-- ===== src/Tests/ControlRuns.antt =====
-- Calls of bmdctl at concrete inputs.
use bmd.Prelude.{
  ◌≡◌, ◌≢◌, ◌↔◌, refl, true, false, none, some, [], ◌∷◌, ◌++◌, codes, str_eq, All, if◌then◌else◌,
}
use bmd.Control.{usage, do_boot_console, direct_run, getopt, subcommand, control, inspect_lines}
use bmd.Control.OneName.{one_name_commands, control_one_name}
use bmd.Control.Known.{control-get_command_function}
use bmd.Server.Dispatch.{get_command_function}
use bmd.Tests.Samples.{sample_conf}

boot_with_console :
    control (codes "-f" ∷ codes "bmd.conf" ∷ codes "boot" ∷ codes "-c" ∷ codes "vm" ∷ [])
    ≡ (some (codes "bmd.conf"), do_boot_console (codes "vm") 1 true false)
unfolding control subcommand getopt str_eq
boot_with_console = refl

run_options :
    (control (codes "run" ∷ codes "-is" ∷ codes "--" ∷ codes "-vm" ∷ [])).1
    ≡ direct_run (codes "-vm") true true
unfolding control subcommand getopt str_eq
run_options = refl

inspect_text :
    inspect_lines
      (λ conf. if conf.install then none else some (codes "boot" ++ 10 ∷ []))
      sample_conf
    ≡ codes "installcmd = (null)" ++ 10 ∷ (codes "loadcmd = boot\\n" ++ 10 ∷ [])
unfolding inspect_lines
inspect_text = refl

control_one_name_example :
    All
      (λ c.
        ((control (codes "-f" ∷ codes "bmd.conf" ∷ c ∷ codes "vm" ∷ [])).1 ≡ usage)
        × ((control (c ∷ codes "vm" ∷ [])).1 ≢ usage))
      one_name_commands
control_one_name_example = control_one_name (codes "bmd.conf") (codes "vm")

control-get_command_function_example :
    (get_command_function (codes "reset") ≡ none) ↔ (codes "reset" ≡ codes "stop")
unfolding control subcommand getopt str_eq
control-get_command_function_example =
    control-get_command_function (codes "reset" ∷ codes "vm" ∷ []) (codes "reset") refl
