-- ===== src/Tests/DaemonRuns.antt =====
-- The daemon's operations on concrete machines.
use bmd.Prelude.{
  ◌*ℤ◌, arith, ◌≡◌, refl, true, false, Option, none, some, List, [], ◌∷◌, Str, codes, All, pos,
  strcmp, case_eq, ◌+ℤ◌, ◌-ℤ◌, show_int,
}
use mathlib.Core.Path.{subst}
use bmd.Conf.{Boot}
use bmd.Conf.Compare.{to_int, compare_vm_conf, cmp_num, compare_string}
use bmd.Vm.{State, VmMethod}
use bmd.Vm.Bhyve.{bhyve_method, acpi_poweroff_bhyve}
use bmd.Daemon.{VmConfEntry}
use bmd.Daemon.Machine.{find_method, start_virtual_machine, on_vm_exit, exited}
use bmd.Daemon.Machine.Start.{IsStarted, start_virtual_machine-IsStarted}
use bmd.Daemon.Machine.Watched.{IsBackend, bhyve_method-IsBackend}
use bmd.Daemon.Machine.Exit.{ExitOutcome, on_vm_exit-ExitOutcome}
use bmd.Daemon.Loop.{Delivery, dispatch, find_vm}
use bmd.Daemon.Loop.Fault.{is_fault, dispatch_fault}
use bmd.Daemon.Reload.{reload_virtual_machines}
use bmd.Daemon.Reload.Cover.Rounds.{HasNames, IsServed, reload_virtual_machines-All}
use bmd.Daemon.Reload.Target.{IsTarget, reload_virtual_machines-IsTarget}
use bmd.Daemon.Comport.{device_names, get_nmdm_number, assign_comport, new_number, device_path}
use bmd.Daemon.Comport.ReadBack.{int_max}
use bmd.Daemon.Comport.Fresh.{IsBelow, IsNewPort, assign_comport-IsNewPort}
use bmd.Tests.Samples.{
  sample_conf, sample_vm, sample_plugins, sample_conf_entry, sample_entry, entry_in, bhyve,
  sample_env, sample_devices, exit_event, sample_world, daemon_in,
}

found : find_method sample_plugins (codes "bhyve") ≡ some bhyve
unfolding find_method bhyve_method
found = refl

bhyve-IsBackend : IsBackend bhyve
bhyve-IsBackend = bhyve_method-IsBackend (codes "/var/cache/bmd")

only-IsBackend : (m : VmMethod) → find_method sample_plugins (codes "bhyve") ≡ some m → IsBackend m
only-IsBackend m h = subst IsBackend (cc (found, h)) bhyve-IsBackend

start_virtual_machine-IsStarted_example :
    IsStarted 4 State.terminate (start_virtual_machine sample_env [] sample_entry sample_world)
start_virtual_machine-IsStarted_example =
    start_virtual_machine-IsStarted sample_env [] sample_entry sample_world only-IsBackend

on_vm_exit-ExitOutcome_example :
    ExitOutcome sample_env []
      (exited 0)
      (entry_in State.run)
      sample_world
      State.run
      (on_vm_exit sample_env [] (exited 0) (entry_in State.run) sample_world)
on_vm_exit-ExitOutcome_example =
    on_vm_exit-ExitOutcome sample_env [] (exited 0) (entry_in State.run) sample_world
      bhyve-IsBackend only-IsBackend

abbrev delivery : Delivery
delivery = record { env = λ name. sample_env; status = exited 0; loaded = none }

dispatch_fault_example : is_fault (dispatch delivery exit_event (daemon_in State.remove)) ≡ true
dispatch_fault_example =
    dispatch_fault delivery exit_event (daemon_in State.remove) (entry_in State.remove) refl refl
      there refl refl refl
  where
    there : find_vm (daemon_in State.remove).vm_list (some 1) ≡ some (entry_in State.remove)
    there = unfold find_vm in refl

-- A reload that lowers the memory of a running machine.
abbrev new_entry : VmConfEntry
new_entry = record sample_conf_entry { conf = record sample_conf { memory = some (codes "1G") } }

abbrev IsVm1 : VmConfEntry → Type 0
IsVm1 c = c.conf.name ≡ codes "vm1"

reloaded :
    (reload_virtual_machines (λ name. sample_env) (some (new_entry ∷ [])) (daemon_in State.run)).0
    ≡ true
unfolding reload_virtual_machines bhyve_method acpi_poweroff_bhyve compare_vm_conf cmp_num
    compare_string strcmp
reloaded = refl

alive :
    (reload_virtual_machines
      (λ name. sample_env)
      (some (new_entry ∷ []))
      (daemon_in State.run)).1.world.dead
    ≡ false
unfolding reload_virtual_machines bhyve_method acpi_poweroff_bhyve compare_vm_conf cmp_num
    compare_string strcmp
alive = refl

reload_virtual_machines-IsTarget_example :
    All
      (IsTarget IsVm1)
      (reload_virtual_machines
        (λ name. sample_env)
        (some (new_entry ∷ []))
        (daemon_in State.run)).1.vm_list
reload_virtual_machines-IsTarget_example =
    reload_virtual_machines-IsTarget IsVm1 (λ name. sample_env) (new_entry ∷ [])
      (daemon_in State.run) (refl, tt) reloaded alive

-- The same with a second machine, which is not to be started.
abbrev second_entry : VmConfEntry
second_entry = record sample_conf_entry {
  conf = record sample_conf { name = codes "vm2"; boot = Boot.no };
}

abbrev two_confs : List VmConfEntry
two_confs = new_entry ∷ second_entry ∷ []

two_confs-HasNames : HasNames two_confs
two_confs-HasNames = (((λ h. ground (arith, h)), tt), (tt, tt))

reloaded_both :
    (reload_virtual_machines (λ name. sample_env) (some two_confs) (daemon_in State.run)).0 ≡ true
unfolding reload_virtual_machines bhyve_method acpi_poweroff_bhyve compare_vm_conf cmp_num
    compare_string strcmp
reloaded_both = refl

alive_both :
    (reload_virtual_machines
      (λ name. sample_env)
      (some two_confs)
      (daemon_in State.run)).1.world.dead
    ≡ false
unfolding reload_virtual_machines bhyve_method acpi_poweroff_bhyve compare_vm_conf cmp_num
    compare_string strcmp
alive_both = refl

reload_virtual_machines-All_example :
    All
      (λ c.
        IsServed c
          (reload_virtual_machines
            (λ name. sample_env)
            (some two_confs)
            (daemon_in State.run)).1.vm_list)
      two_confs
reload_virtual_machines-All_example =
    reload_virtual_machines-All (λ name. sample_env) two_confs (daemon_in State.run)
      two_confs-HasNames ((omega arith, tt), (tt, tt)) reloaded_both alive_both

auto_is_auto : case_eq (codes "auto") (codes "auto") ≡ true
unfolding case_eq
auto_is_auto = refl

abbrev ports : List (Option Str)
ports = some (codes "auto") ∷ some (codes "/dev/nmdm205B") ∷ []

devices-IsBelow : All (IsBelow int_max) (device_names sample_devices)
unfolding device_names get_nmdm_number to_int ◌*ℤ◌ ◌+ℤ◌ ◌-ℤ◌
devices-IsBelow = (refl, (refl, tt))

ports-IsBelow : All (IsBelow int_max) ports
unfolding get_nmdm_number to_int ◌*ℤ◌ ◌+ℤ◌ ◌-ℤ◌
ports-IsBelow = (refl, (refl, tt))

assign_comport-IsNewPort_example :
    ((assign_comport sample_env (pos 200) ports sample_conf sample_vm).0 ≡ true)
    × IsNewPort
        (pos 200)
        ports
        sample_devices
        (assign_comport sample_env (pos 200) ports sample_conf sample_vm).1.assigned_comport
assign_comport-IsNewPort_example =
    assign_comport-IsNewPort sample_env (pos 200) ports sample_conf sample_vm (codes "auto")
      sample_devices (omega arith, omega arith) ports-IsBelow devices-IsBelow refl auto_is_auto refl
      refl refl

-- The device that is assigned there.
assigned_206 :
    (assign_comport sample_env (pos 200) ports sample_conf sample_vm).1.assigned_comport
    ≡ some (codes "/dev/nmdm206B")
unfolding assign_comport case_eq ◌+ℤ◌ ◌-ℤ◌ ◌*ℤ◌ to_int new_number device_path show_int
assigned_206 = refl
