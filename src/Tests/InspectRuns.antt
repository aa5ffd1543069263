-- ===== src/Tests/InspectRuns.antt =====
-- Inspections at concrete inputs.
use bmd.Prelude.{
  ◌≡◌, refl, true, false, none, some, List, [], ◌∷◌, ◌++◌, Option, Str, codes, str_eq, arith,
}
use bmd.Inspect.{
  InspectEnv, mddetach, removed_dir, made_dir, mounted, unmounted, attached, detached,
}
use bmd.Inspect.Names.{match_version_number, is_digit}
use bmd.Inspect.Disk.{inspect}
use bmd.Inspect.Held.{held, nothing_held}
use bmd.Inspect.Disk.Clean.{inspect-nothing_held}
use bmd.Inspect.Grub.{inspect_with_grub, look_for_filename, starts_after}
use bmd.Inspect.Grub.Csi.{strip_csi, is_param, has_byte}
use bmd.Inspect.Grub.Plain.{Item, shown, sequence, write_items, shown_bytes, strip_csi-write_items}
use bmd.Inspect.Grub.Listed.{look_for_filename-longer_first}
use bmd.Tests.Samples.{sample_conf}

-- A disk image with OpenBSD in its second partition.
abbrev sample_env : InspectEnv
unfolding str_eq
sample_env = record {
  mkdtemp = some (codes "/tmp/i");
  mdattach = λ path. some 3;
  mount_iso = λ u. false;
  mount_ufs = λ dev. str_eq dev (codes "/dev/md3p2");
  opendir = λ dir. some (codes "md3p1" ∷ codes "md3p2" ∷ []);
  is_directory = λ dir name. false;
  is_file = λ path. str_eq path (codes "/tmp/i/bsd");
}

abbrev ask_nothing : Str → Option Str
ask_nothing command = none

disk_command :
    inspect sample_env
      (inspect_with_grub false ask_nothing)
      (record sample_conf { install = false })
    ≡ (
      some (codes "kopenbsd  -h com0 -r sd0a (hd0,2)/bsd" ++ 10 ∷ (codes "boot" ++ 10 ∷ [])),
      removed_dir ∷ detached 3 ∷ unmounted ∷ mounted ∷ attached 3 ∷ made_dir ∷ [],
    )
unfolding inspect inspect_with_grub sample_env mddetach
disk_command = refl

inspect-nothing_held_example :
    held
      (inspect sample_env
        (inspect_with_grub false ask_nothing)
        (record sample_conf { install = false })).1
    ≡ some nothing_held
inspect-nothing_held_example =
    inspect-nothing_held sample_env false ask_nothing (record sample_conf { install = false })

version_number : match_version_number (codes "7.4") ≡ true
unfolding match_version_number is_digit
version_number = refl

-- What grub writes as it clears a line.
abbrev cleared_line : List Item
cleared_line = sequence (codes "1;24") b'H' ∷ shown b'l' ∷ shown b's' ∷ sequence [] b'K' ∷ []

strip_csi-write_items_example : strip_csi (write_items cleared_line) ≡ shown_bytes cleared_line
unfolding is_param is_digit has_byte
strip_csi-write_items_example =
    strip_csi-write_items cleared_line
      (((refl, (refl, (refl, (refl, tt)))), refl), (omega arith, (omega arith, ((tt, refl), tt))))

look_for_filename-longer_first_example :
    look_for_filename (codes "bsd" ++ codes ".rd bsd") (codes "bsd") ≡ false
unfolding starts_after
look_for_filename-longer_first_example =
    look_for_filename-longer_first (codes "bsd") b'.' (codes "rd bsd") refl

-- Grub lists the slices of a disk, of which the first has a kernel.
abbrev answer : Str → Option Str
unfolding str_eq
answer command = elim (str_eq command (codes "ls")) [
  | true ↦ some (codes "(hd0)(hd0,openbsd1)")
  | false ↦ some (codes "bsd netbsd")
]

grub_command :
    (inspect
      (record sample_env { mount_ufs = λ dev. false })
      (inspect_with_grub true answer)
      (record sample_conf { install = false })).0
    ≡ some (codes "kopenbsd -h com0 -r sd0a (hd0,openbsd1)/bsd" ++ 10 ∷ (codes "boot" ++ 10 ∷ []))
unfolding inspect inspect_with_grub sample_env mddetach answer
grub_command = refl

- **Task requirements**: Scan the lines above, and whenever one holds the string "unmounted", copy it.

- **Task solution**:
  InspectEnv, mddetach, removed_dir, made_dir, mounted, unmounted, attached, detached,
      removed_dir ∷ detached 3 ∷ unmounted ∷ mounted ∷ attached 3 ∷ made_dir ∷ [],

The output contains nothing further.